__MATERIAL FOR THIS TASK__
-- ===== src/Server/Api/RoundTrip.antt =====
-- `create_snapshot` and `restore_snapshot` from Python, through the controller and the daemon.
use sand_d.Prelude.{
  ℕ, suc, ◌≤◌, String, Bool, false, Option, none, some, List, [], ◌∷◌, ◌≡◌, refl, ◌∙◌, Bytes, All,
  ap,
}
use sand_d.Prelude.Dict.{lookup}
use sand_d.Protocol.{Message, SnapshotInfo}
use sand_d.Server.Connection.{DaemonConnection}
use sand_d.Server.Handler.{response_id}
use sand_d.Server.Handler.Laws.{IsReachable}
use sand_d.Server.Api.{returned, Controller}
use sand_d.Server.Api.Snapshots.{create_snapshot, created_result, restore_snapshot, restored_result}
use sand_d.Server.Api.EndToEnd.{first_on, daemon_side, IsServed, request-answered}
use sand_d.Server.Api.Calls.{handled}
use sand_d.Server.Api.Queries.{writes}
use sand_d.Snapshot.Types.{ok, SnapshotError, Encoding, serialize_time}
use sand_d.Snapshot.Disk.{Disk}
use sand_d.Snapshot.ObjectStore.{Blake3}
use sand_d.Snapshot.ObjectStore.Safety.{CollisionFree}
use sand_d.Snapshot.Tags.Names.{IsTagName}
use sand_d.Snapshot.Workspace.{Meta, Node, dir}
use sand_d.Snapshot.Restore.Run.{IsGood, Later-refl}
use sand_d.Snapshot.Restore.Spec.{kept_entries, depth_entries, AreProper}
use sand_d.Snapshot.Restore.RoundTrip.{IsReader}
use sand_d.Snapshot.Manager
use sand_d.Snapshot.Manager.{unique, or_default}
use sand_d.Snapshot.Manager.Calm.{get_snapshot_calm, get_snapshot-restore_snapshot}
use sand_d.Snapshot.Manager.RoundTrip.{restore_snapshot-create_snapshot}
use sand_d.Daemon.Messages.{
  Daemon, Environment, Handled, answer_about, on_created, on_restored, respond_all, send_all,
  handle_message, handle_snapshot,
}

module _ (print : Message → String) (show : SnapshotError → String) (E : Encoding)
    (trim : String → String) (B : Blake3) (reads : Bytes → List Bytes)
    (target_is_dir : String → String → Bool) (fresh : Meta) (fuel : ℕ) where
  abbrev json : Message → Option String
  json m = some (print m)

  answer_about-found :
      (id : String) (reply : SnapshotInfo → Message) (sends : List Bool) (d : Daemon)
      {info : SnapshotInfo}
      → sends ≡ []
      → (Manager.get_snapshot E trim id d.disk).0 ≡ ok info
      → d.disk.faults ≡ []
      → let h = answer_about json show E trim id reply sends d in
        (h.written ≡ reply info ∷ []) × (h.daemon ≡ d)
  unfolding answer_about respond_all send_all
  answer_about-found id reply sends d calm r still = (
    rw (answer_about, r, calm) refl,
    rw (answer_about, r)
        (ap (λ disk. record d { disk = disk }) (get_snapshot_calm E trim id d.disk still)),
  )

  -- What the daemon makes of a request to create a snapshot that it then finds.
  created_written :
      (env : Environment) (d : Daemon) (own path : String) (message : Option String)
      (tags : Option (List String)) (last : Disk) {info : SnapshotInfo}
      → env.sends ≡ []
      → Manager.create_snapshot B E reads target_is_dir fresh env.now env.fresh_id path
          env.workspace message tags d.disk
        ≡ (ok env.fresh_id, last)
      → (Manager.get_snapshot E trim env.fresh_id last).0 ≡ ok info
      → last.faults ≡ []
      → let h =
          handled print show E trim B reads target_is_dir fresh fuel env d
            (Message.create_snapshot own path message tags) in
        (h.written ≡ Message.snapshot_created own env.fresh_id info.file_count info.total_size ∷ [])
        × (h.daemon ≡ record d { disk = last })
  unfolding handle_message handle_snapshot on_created
  created_written env d own path message tags last calm e r still = rw e (
      answer_about-found env.fresh_id
        (λ s. Message.snapshot_created own env.fresh_id s.file_count s.total_size) env.sends
        (record d { disk = last }) calm r still)

  restored_written :
      (env : Environment) (d : Daemon) (own id dest : String) {node : Node} {info : SnapshotInfo}
      → env.sends ≡ []
      → Manager.restore_snapshot B E reads target_is_dir fresh trim fuel id dest env.there d.disk
        ≡ (ok node, d.disk)
      → (Manager.get_snapshot E trim id d.disk).0 ≡ ok info
      → d.disk.faults ≡ []
      → let h =
          handled print show E trim B reads target_is_dir fresh fuel env d
            (Message.restore_snapshot own id dest) in
        (h.written ≡ Message.snapshot_restored own info.file_count ∷ []) × (h.restored ≡ some node)
  unfolding handle_message handle_snapshot on_restored
  restored_written env d own id dest calm e r still = rw e (
    (answer_about-found id (λ s. Message.snapshot_restored own s.file_count) env.sends d calm r
        still).0,
    refl,
  )

-- A caller at the controller whose request can reach the daemon `id` and be answered on `tx`.
pub record CanAsk (s : Controller) (id : String) (arc tx : ℕ) (c : DaemonConnection) : Type 0 where
  pub reach : IsReachable s.world id arc c
  pub opened : s.is_closed c.request_tx ≡ false
  pub unused : first_on tx s.world.delivered ≡ none

module _ (print : Message → String) (show : SnapshotError → String) (E : Encoding)
    (trim : String → String) (B : Blake3) (reads : Bytes → List Bytes)
    (target_is_dir : String → String → Bool) (fresh : Meta) (fuel : ℕ) where
  abbrev pub answers : Environment → Daemon → Message → List Message
  answers env d m = writes print show E trim B reads target_is_dir fresh (suc fuel) env d m

  abbrev pub after_message : Environment → Daemon → Message → Handled
  after_message env d m = handled print show E trim B reads target_is_dir fresh (suc fuel) env d m

  -- For a digest without collisions and reads that make up each file: if the daemon's disk has no
  -- failures ahead and its objects are addressed by their hashes, the workspace has no name twice
  -- and no time before the epoch, the clock is not before the epoch, the tags are accepted and
  -- free, both ends can reach each other and answers come in time, and the directories are nested no
  -- deeper than the fuel,
  -- then `create_snapshot` returns the id of the new snapshot, `restore_snapshot` of that id
  -- returns a number of files, and where nothing stood the daemon has then put what a snapshot
  -- keeps of the workspace.
  pub snapshot_round_trip :
      CollisionFree B
      → IsReader reads
      → (env env' : Environment) (d : Daemon) (secs now now' : ℕ) (id path dest own own' : String)
        (message : Option String) (tags : Option (List String)) (tx tx' : ℕ) (s s' : Controller)
        {arc arc' : ℕ} {c c' : DaemonConnection}
      → IsGood B d.disk
      → AreProper [] env.workspace
      → serialize_time env.now ≡ some secs
      → All IsTagName (unique (or_default tags))
      → All (λ tag. lookup tag d.disk.tags ≡ none) (unique (or_default tags))
      → (env.sends ≡ []) × (env'.sends ≡ []) × (env'.there ≡ none)
      → depth_entries env.workspace ≤ fuel
      → CanAsk s id arc tx c
      → CanAsk s' id arc' tx' c'
      → let d' = (after_message env d (Message.create_snapshot own path message tags)).daemon in
        IsServed (answers env d) now id own arc (returned env.fresh_id) (
          create_snapshot id path message tags own tx
            (daemon_side (answers env d) now id c.request_tx tx)
            s)
        × ((count : ℕ) × IsServed (answers env' d') now' id own' arc' (returned count) (
              restore_snapshot id env.fresh_id dest own' tx'
                (daemon_side (answers env' d') now' id c'.request_tx tx')
                s'))
        × ((after_message env' d' (Message.restore_snapshot own' env.fresh_id dest)).restored
            ≡ some (dir fresh 0 (kept_entries fresh env.workspace)))
  unfolding create_snapshot created_result restore_snapshot restored_result response_id
  snapshot_round_trip free reader env env' d secs now now' id path dest own own' message tags tx tx'
        s s' {arc} {arc'} {c} {c'} g proper timed valid unused (calm, calm', empty) deep ask ask' =
      let (last, made, later, restores) =
        restore_snapshot-create_snapshot B E reads target_is_dir fresh free reader trim env.now secs
          env.fresh_id path env.workspace message tags d.disk g proper timed valid unused in
      let restored = restores dest last (Later-refl B last later.good) refl fuel deep in
      let (info, readable) =
        get_snapshot-restore_snapshot B E reads target_is_dir fresh trim (suc fuel) env.fresh_id
          dest none last (ap (λ r. r.0) restored) in
      let still = later.good.calm in
      let (wrote, state) =
        created_written print show E trim B reads target_is_dir fresh (suc fuel) env d own path
          message tags last calm made readable still in
      let d' : Daemon = record d { disk = last } in
      let (wrote', node) =
        restored_written print show E trim B reads target_is_dir fresh (suc fuel) env' d' own'
          env.fresh_id dest calm'
          (ap
              (λ o.
                Manager.restore_snapshot B E reads target_is_dir fresh trim (suc fuel) env.fresh_id
                  dest o last)
              empty
            ∙ restored)
          readable still in
      rw state (
        request-answered (answers env d) now id own tx 300 "Failed to send snapshot request: "
            (Message.create_snapshot own path message tags)
            (Message.snapshot_created own env.fresh_id info.file_count info.total_size)
            created_result s ask.reach ask.opened ask.unused wrote refl,
        (
          info.file_count,
          request-answered (answers env' d') now' id own' tx' 300 "Failed to send restore request: "
              (Message.restore_snapshot own' env.fresh_id dest)
              (Message.snapshot_restored own' info.file_count) restored_result s' ask'.reach
              ask'.opened ask'.unused wrote' refl,
        ),
        node,
      )
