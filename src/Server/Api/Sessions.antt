-- ===== src/Server/Api/Sessions.antt =====
-- server/src/python.rs: `new_session` and the methods of `Session`. What a reader takes from its
-- channel is what the controller has put there and the reader has not taken yet.
use sand_d.Prelude.{ℕ, String, Option, none, some, Bytes}
use sand_d.Protocol.{Message}
use sand_d.Server.Connection
use sand_d.Server.Api.{
  PyResult, returned, raised, runtime_error, Controller, send_message, not_found, find_conn,
  on_conn, send_or,
}

pub record Session : Type 0 where
  pub session_id : String
  pub daemon_id : String
  pub output_rx : ℕ

unfoldable pub new_session :
    (daemon_id : String) (rows cols : ℕ) (term session_id : String) (tx : ℕ)
    → Controller
    → PyResult Session × Controller
unfolding find_conn send_message
new_session daemon_id rows cols term session_id tx s = elim (find_conn daemon_id s) [
  | none ↦ (raised (not_found daemon_id), s)
  | some (arc, conn) ↦
      send_or "Failed to start session: "
        (λ t.
          (returned (record { session_id = session_id; daemon_id = daemon_id; output_rx = tx }), t))
        (send_message conn (Message.new_session session_id rows cols term)
          (on_conn arc (Connection.register_session session_id tx) s))
]

-- A message to the session's daemon.
unfoldable pub send_to :
    (context : String) → Session → Message → Controller → PyResult (Unit {0}) × Controller
unfolding find_conn send_message
send_to context session m s = elim (find_conn session.daemon_id s) [
  | none ↦ (raised (runtime_error "Daemon disconnected"), s)
  | some (_, conn) ↦ send_or context (λ t. (returned tt, t)) (send_message conn m s)
]

unfoldable pub write : Bytes → Session → Controller → PyResult (Unit {0}) × Controller
unfolding send_to
write data_bytes session s =
    send_to "Failed to write: " session (Message.session_input session.session_id data_bytes) s

unfoldable pub resize : (rows cols : ℕ) → Session → Controller → PyResult (Unit {0}) × Controller
unfolding send_to
resize rows cols session s =
    send_to "Failed to resize: " session (Message.session_resize session.session_id rows cols) s

unfoldable pub close : Session → Controller → PyResult (Unit {0}) × Controller
unfolding send_to
close session s =
    send_to "Failed to close session: " session (Message.session_close session.session_id) s

-- What `recv` yields within the time: data, the end of the channel, or nothing in time.
pub data Received : Type 0 where
  bytes : Bytes → Received
  ended : Received
  timed_out : Received

unfoldable pub read : Received → Option Bytes
read (bytes b) = some b
read ended = none
read timed_out = none
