-- ===== src/Tunnel.antt =====
-- sandd/src/main.rs, `setup_tunnel`, and server/src/python.rs, `setup_tunnel_controller` and
-- `get_mesh_ip`: how a daemon and the controller join the mesh network. What the operating system
-- and the commands of Tailscale answer is the record `Mesh`; a run is the steps that it takes and
-- what it yields. `trim` is that of `str`.
pub mod Laws
pub mod Polls
pub mod Controller
pub mod Rejoin
pub mod Order
use sand_d.Prelude.{
  ℕ, zero, suc, ◌+◌, String, Bool, true, false, ◌&&◌, Option, none, some, List, [], ◌∷◌, ◌++◌, ◌==◌,
  if◌then◌else◌,
}
use sand_d.Prelude.Text.{append}

-- Output of a command as text, and whether it exits with success.
pub record Output : Type 0 where
  pub success : Bool
  pub stdout : String
  pub stderr : String

-- A command that cannot be run has no output.
pub record Mesh : Type 0 where
  pub version : Option Output
  pub reachable : Bool
  pub status : Option Output
  pub spawns : Bool
  pub probes : ℕ → Bool
  pub up : Option Output
  pub ips : ℕ → Option Output

pub data Step : Type 0 where
  version : Step
  connect : Step
  status : Step
  spawn_tailscaled : Step
  down : Step
  up : (authkey server : String) → Step
  ip : Step
  sleep : (millis : ℕ) → Step

pub data Joined : Type 0 where
  joined : Joined
  error : String → Joined

abbrev pub Run : Type 0
Run = List Step × Joined

-- The steps that come first, and then those of `next`.
abbrev pub after : List Step → Run → Run
after steps (later, result) = (steps ++ later, result)

abbrev pub is_success : Option Output → Bool
is_success none = false
is_success (some o) = o.success

abbrev nonempty : String → Option String
nonempty t = if t == "" then none else some t

-- The address in what `tailscale ip -4` prints, if it succeeds and prints one.
unfoldable pub address : (trim : String → String) → Option Output → Option String
address trim none = none
address trim (some o) = if o.success then nonempty (trim o.stdout) else none

-- `for _ in 0..fuel`: the address, one second apart.
unfoldable pub await_ip : (trim : String → String) → (ℕ → Option Output) → (fuel i : ℕ) → Run
unfolding address
await_ip trim ips zero i = ([], error "Timeout waiting for mesh IP assignment")
await_ip trim ips (suc fuel) i = elim (address trim (ips i)) [
  | some _ ↦ (ip ∷ [], joined)
  | none ↦ after (ip ∷ sleep 1000 ∷ []) (await_ip trim ips fuel (i + 1))
]

-- The part that both ends share: `tailscale up`, and the wait for an address.
unfoldable pub join : (trim : String → String) (context authkey server : String) → Mesh → Run
unfolding await_ip
join trim context authkey server env = after (up authkey server ∷ []) (elim env.up [
  | none ↦ ([], error context)
  | some o ↦
      (if o.success
        then await_ip trim env.ips 30 0
        else ([], error (append "Failed to join mesh: " o.stderr)))
])

-- `for _ in 0..fuel`: whether the proxy accepts a connection, half a second apart.
unfoldable pub await_proxy : (ℕ → Bool) → (fuel i : ℕ) → List Step × Bool
await_proxy probes zero i = ([], false)
await_proxy probes (suc fuel) i =
    let (later, ready) = await_proxy probes fuel (i + 1) in
    elim (probes i) [ true ↦ (connect ∷ [], true) | false ↦ (connect ∷ sleep 500 ∷ later, ready) ]

abbrev pub not_up : String
not_up = "tailscaled SOCKS5 proxy never came up"

-- `tailscaled` is started unless the proxy is reachable and `tailscale status` succeeds.
unfoldable pub start_proxy : Mesh → Run → Run
unfolding await_proxy
start_proxy env next =
    let checks = connect ∷ (if env.reachable then status ∷ [] else []) in
    if env.reachable && is_success env.status
    then after checks next
    else after (checks ++ spawn_tailscaled ∷ []) (
        if env.spawns
        then (let (waits, ready) = await_proxy env.probes 20 0 in
            after waits (if ready then next else ([], error not_up)))
        else ([], error "Failed to start tailscaled"))

abbrev pub refresh : Bool → List Step
refresh true = down ∷ []
refresh false = []

unfoldable pub setup_tunnel :
    (trim : String → String)
    → (tunnel_authkey tunnel_server : Option String) → (force_refresh : Bool) → Mesh
    → Run
unfolding start_proxy join
setup_tunnel trim none tunnel_server force_refresh env =
    ([], error "--tunnel requires --tunnel-authkey")
setup_tunnel trim (some authkey) none force_refresh env =
    ([], error "--tunnel requires --tunnel-server")
setup_tunnel trim (some authkey) (some server) force_refresh env =
    after (version ∷ []) (elim env.version [
      | none ↦ ([], error "Tailscale not found")
      | some _ ↦ start_proxy env (
          after (refresh force_refresh)
            (join trim "Failed to join mesh network" authkey server env))
    ])

-- The controller always starts `tailscaled`, and waits for two seconds. `failure` is the text of the
-- error of running `tailscale up`.
unfoldable pub setup_tunnel_controller :
    (trim : String → String) (failure authkey server : String) → Mesh → Run
unfolding join
setup_tunnel_controller trim failure authkey server env = after (version ∷ []) (elim env.version [
  | none ↦ ([], error "Tailscale not found")
  | some _ ↦ after (spawn_tailscaled ∷ []) (
      if env.spawns
      then after (sleep 2000 ∷ []) (join trim failure authkey server env)
      else ([], error "Failed to start tailscaled"))
])

pub data MeshIp : Type 0 where
  mesh_ip : String → MeshIp
  error : String → MeshIp

abbrev assigned : Option String → MeshIp
assigned none = error "No mesh IP assigned"
assigned (some a) = mesh_ip a

unfoldable pub get_mesh_ip : (trim : String → String) (failure : String) → Option Output → MeshIp
get_mesh_ip trim failure none = error failure
get_mesh_ip trim failure (some o) =
    if o.success then assigned (nonempty (trim o.stdout)) else error "Failed to get mesh IP"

__WHAT NEEDS TO BE DONE__
In the material above, transcribe exactly the lines beginning at the one with "calm r still)" and ending at the one with "-- deeper than", both included.

__ANSWER TO THE PROBLEM__
        (record d { disk = last }) calm r still)

  restored_written :
      (env : Environment) (d : Daemon) (own id dest : String) {node : Node} {info : SnapshotInfo}
      → env.sends ≡ []
      → Manager.restore_snapshot B E reads target_is_dir fresh trim fuel id dest env.there d.disk
        ≡ (ok node, d.disk)
      → (Manager.get_snapshot E trim id d.disk).0 ≡ ok info
      → d.disk.faults ≡ []
      → let h =
          handled print show E trim B reads target_is_dir fresh fuel env d
            (Message.restore_snapshot own id dest) in
        (h.written ≡ Message.snapshot_restored own info.file_count ∷ []) × (h.restored ≡ some node)
  unfolding handle_message handle_snapshot on_restored
  restored_written env d own id dest calm e r still = rw e (
    (answer_about-found id (λ s. Message.snapshot_restored own s.file_count) env.sends d calm r
        still).0,
    refl,
  )

-- A caller at the controller whose request can reach the daemon `id` and be answered on `tx`.
pub record CanAsk (s : Controller) (id : String) (arc tx : ℕ) (c : DaemonConnection) : Type 0 where
  pub reach : IsReachable s.world id arc c
  pub opened : s.is_closed c.request_tx ≡ false
  pub unused : first_on tx s.world.delivered ≡ none

module _ (print : Message → String) (show : SnapshotError → String) (E : Encoding)
    (trim : String → String) (B : Blake3) (reads : Bytes → List Bytes)
    (target_is_dir : String → String → Bool) (fresh : Meta) (fuel : ℕ) where
  abbrev pub answers : Environment → Daemon → Message → List Message
  answers env d m = writes print show E trim B reads target_is_dir fresh (suc fuel) env d m

  abbrev pub after_message : Environment → Daemon → Message → Handled
  after_message env d m = handled print show E trim B reads target_is_dir fresh (suc fuel) env d m

  -- For a digest without collisions and reads that make up each file: if the daemon's disk has no
  -- failures ahead and its objects are addressed by their hashes, the workspace has no name twice
  -- and no time before the epoch, the clock is not before the epoch, the tags are accepted and
  -- free, both ends can reach each other and answers come in time, and the directories are nested no
  -- deeper than the fuel,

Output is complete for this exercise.